DIRECTIONS >>
Reproduce the first line of the entries that follow and each later line, word for word, ending with the one containing "initialized = true;".

(Stored items from a collection)
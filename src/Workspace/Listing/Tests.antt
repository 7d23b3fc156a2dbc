-- ===== src/Workspace/Listing/Tests.antt =====
-- A run of the listing at a concrete input.
use tfai_go.Base.{◌≡◌, ◌≢◌, ◌↔◌, refl, Bool, true, false, Option, some, List, [], ◌∷◌, Bytes, codes}
use tfai_go.Disk.{Tree, missing, directory}
use tfai_go.Path.{clean, is_abs}
use tfai_go.Path.Prefix.{Within}
use tfai_go.Workspace.Listing.{
  Dirent, Dirents, plain, nested, nil, cons, WorkspaceResponse, listed, handle_workspace,
  list_confined, list_node, walked, visit, is_hidden, visit_file, skip_directory, is_terraform,
  relative,
}
use tfai_go.Workspace.Listing.Visible.{IsAmong, IsVisible, handle_workspace-listed}

abbrev root : Dirent
root = nested (codes "a") (
    cons (nested (codes ".terraform") (cons (plain (codes "h.tf")) nil))
      (cons (plain (codes "m.tf")) nil))

abbrev tree : Tree
tree path = directory

abbrev resp : WorkspaceResponse
resp = record {
  files = codes "m.tf" ∷ [];
  initialized = true;
  has_state = false;
  has_lockfile = false;
}

handle_workspace-listed_example :
    (codes "/w/a" ≡ clean (codes "/w/a/"))
    × (is_abs (codes "/w/a") ≡ true)
    × (codes "/w" ≢ [] → Within (clean (codes "/w")) (codes "/w/a"))
    × (tree (codes "/w/a") ≢ missing)
    × ((path : Bytes) → IsAmong path resp.files ↔ IsVisible (codes ".") root path)
unfolding handle_workspace list_confined list_node walked visit is_hidden visit_file skip_directory
    is_terraform relative tfai_go.Path.ext tfai_go.Workspace.confine_rest
    tfai_go.Workspace.resolve_abs_dir tfai_go.Path.clean tfai_go.Path.render tfai_go.Path.elements
    tfai_go.Path.push_element tfai_go.Path.up tfai_go.Path.join_elements tfai_go.Path.is_abs
    tfai_go.Base.bytes_eq tfai_go.Workspace.confine_to_root tfai_go.Workspace.confine_to_dir
    tfai_go.Base.has_prefix tfai_go.Base.split tfai_go.Workspace.Listing.name_of
handle_workspace-listed_example =
    handle_workspace-listed (λ dir. some root) (codes "/w") tree (codes "/w/a/") (codes "/w/a") resp
      root refl refl
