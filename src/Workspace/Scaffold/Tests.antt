-- ===== src/Workspace/Scaffold/Tests.antt =====
-- A run of the scaffold at a concrete input.
use tfai_go.Base.{◌≡◌, refl, none, [], codes, ok}
use tfai_go.Disk.{Tree, Os, directory}
use tfai_go.Workspace.Scaffold.{CreateWorkspaceRequest, handle_workspace_create}
use tfai_go.Workspace.Scaffold.Written.{IsCreated, handle_workspace_create-ok}

abbrev os : Os
os = record {
  write_error = λ tree path. none;
  mkdir_error = λ tree path. none;
  read_error = λ tree path. none;
  stat_error = λ tree path. none;
}

abbrev tree : Tree
tree path = directory

abbrev body : CreateWorkspaceRequest
body = record { dir = codes "/w/a/"; description = codes "a bucket" }

handle_workspace_create-ok_example :
    IsCreated (codes "/w") tree body (handle_workspace_create os (codes "/w") tree (ok body))
unfolding handle_workspace_create tfai_go.Workspace.confine_rest tfai_go.Workspace.resolve_abs_dir
    tfai_go.Path.clean tfai_go.Path.render tfai_go.Path.elements tfai_go.Path.push_element
    tfai_go.Path.up tfai_go.Path.join_elements tfai_go.Path.is_abs tfai_go.Base.bytes_eq
    tfai_go.Workspace.confine_to_root tfai_go.Workspace.confine_to_dir tfai_go.Base.has_prefix
    tfai_go.Base.split tfai_go.Disk.write_file
handle_workspace_create-ok_example = handle_workspace_create-ok os (codes "/w") tree body refl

YOUR SOLUTION >>
filename src/Workspace/Listing/Tests.antt
repository 7d23b3fc156a2dbc
-- ===== src/Workspace/Listing/Tests.antt =====
-- A run of the listing at a concrete input.
use tfai_go.Base.{◌≡◌, ◌≢◌, ◌↔◌, refl, Bool, true, false, Option, some, List, [], ◌∷◌, Bytes, codes}
use tfai_go.Disk.{Tree, missing, directory}
use tfai_go.Path.{clean, is_abs}
use tfai_go.Path.Prefix.{Within}
use tfai_go.Workspace.Listing.{
  Dirent, Dirents, plain, nested, nil, cons, WorkspaceResponse, listed, handle_workspace,
  list_confined, list_node, walked, visit, is_hidden, visit_file, skip_directory, is_terraform,
  relative,
}
use tfai_go.Workspace.Listing.Visible.{IsAmong, IsVisible, handle_workspace-listed}

abbrev root : Dirent
root = nested (codes "a") (
    cons (nested (codes ".terraform") (cons (plain (codes "h.tf")) nil))
      (cons (plain (codes "m.tf")) nil))

abbrev tree : Tree
tree path = directory

abbrev resp : WorkspaceResponse
resp = record {
  files = codes "m.tf" ∷ [];
  initialized = true;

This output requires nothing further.